The psychological effects of debt can be crippling causing stress, worry, and fear. Not to mention the relationships and partnership, it can destroy and fights it can cause.

Would it be great to reduce these emotions about money in people’s lives?

The idea that the American dream is dead is false. Achieving that dream has just shifted. The world is a lot different than 100 years ago. Back then, credit cards didn’t exist, and it was a lot harder to spend and borrow more then you made.

The U.S. is still a land of opportunity, and it’s available to anyone. There are just a few more pitfalls to navigate today.

It boils down to teaching the basics of money management to everyone as early as possible and prioritizing how we use our money.

Money usage is an essential life skill that parents and teachers need to pass along to our youth.

Improved money education doesn’t simply fix everything. Just because you’re educated on a topic doesn’t mean you excel at it. But having the background knowledge doesn’t hurt, and it gives you the foundation you need. Your motivation to take advantage of it is still up to you.

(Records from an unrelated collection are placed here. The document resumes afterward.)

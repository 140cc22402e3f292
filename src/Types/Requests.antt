-- ===== src/Types/Requests.antt =====
-- The requests of src/types.rs, and the password that two of them hold.
use turntf_rs.Prelude.{ℤ, String, [], Option, none, some}
use turntf_rs.Types.Core.{Bytes, UserRef}
use turntf_rs.Types.Metadata.{Json, UserMetadataTypedValue}

-- `PasswordSource` and `PasswordInput` of src/password.rs
pub data PasswordSource : Type 0 where
  plain hashed : PasswordSource

pub record PasswordInput : Type 0 where
  pub source : PasswordSource
  pub encoded : String

pub record Credentials : Type 0 where
  pub node_id : ℤ
  pub user_id : ℤ
  pub password : PasswordInput

pub record CreateUserRequest : Type 0 where
  pub username : String
  pub login_name : Option String
  pub password : Option PasswordInput
  pub profile_json : Bytes
  pub role : String

pub record UpdateUserRequest : Type 0 where
  pub username : Option String
  pub login_name : Option String
  pub password : Option PasswordInput
  pub profile_json : Option Bytes
  pub role : Option String

pub record UpsertUserMetadataRequest (J : Json) : Type 0 where
  pub value : Bytes
  pub typed_value : Option (UserMetadataTypedValue J)
  pub expires_at : Option String

pub record ScanUserMetadataRequest : Type 0 where
  pub prefix : String
  pub after : String
  pub limit : ℤ

pub record ListUsersRequest : Type 0 where
  pub name : String
  pub uid : UserRef

module _ {J : Json} where
  -- `UpsertUserMetadataRequest::raw`
  abbrev pub raw : Bytes → UpsertUserMetadataRequest J
  raw value = record { value = value; typed_value = none; expires_at = none }

  -- `UpsertUserMetadataRequest::typed`
  abbrev pub typed : UserMetadataTypedValue J → UpsertUserMetadataRequest J
  typed typed_value = record { value = []; typed_value = some typed_value; expires_at = none }

  -- `UpsertUserMetadataRequest::with_expires_at`
  abbrev pub with_expires_at : UpsertUserMetadataRequest J → String → UpsertUserMetadataRequest J
  with_expires_at request expires_at = record request { expires_at = some expires_at }
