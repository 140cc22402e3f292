-- ===== src/Types.antt =====
-- src/types.rs: the data that the components exchange. Bytes are lists of numbers; i64 and i32 are
-- integers, u64, u32 and usize are numbers.
mod Core
mod Relay
mod Metadata
mod Attachments
mod Cluster
mod Requests
pub mod Builder
pub use Core.*
pub use Relay.*
unfoldable pub use Metadata.*
unfoldable pub use Attachments.*
pub use Cluster.*
pub use Requests.*
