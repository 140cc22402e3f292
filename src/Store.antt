-- ===== src/Store.antt =====
-- src/store.rs: the trait `CursorStore` as an interface, and the implementation in memory.
pub mod Memory
pub mod Seen
use turntf_rs.Prelude.{String, List, Result}
use turntf_rs.Types.{Message, MessageCursor}

-- `CursorStore` over a state `S`: each call may fail, with a text.
pub record CursorStore (S : Type 0) : Type 0 where
  pub load_seen_messages : S → Result String (List MessageCursor)
  pub save_message : Message → S → Result String (Unit {0}) × S
  pub save_cursor : MessageCursor → S → Result String (Unit {0}) × S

I doubt we’ll fix the trillion-dollar national and consumer debt in the United States overnight, just by providing an increase in education. But imagine a world where students begin to learn about money in elementary school and continue that education through high school.

When faced with their first big money decisions, like the cost of college, I’m sure we’ll see improvement.

You can very quickly get into debt with one big purchase, but climbing out may take years. Shouldn’t we do our best to avoid this cycle?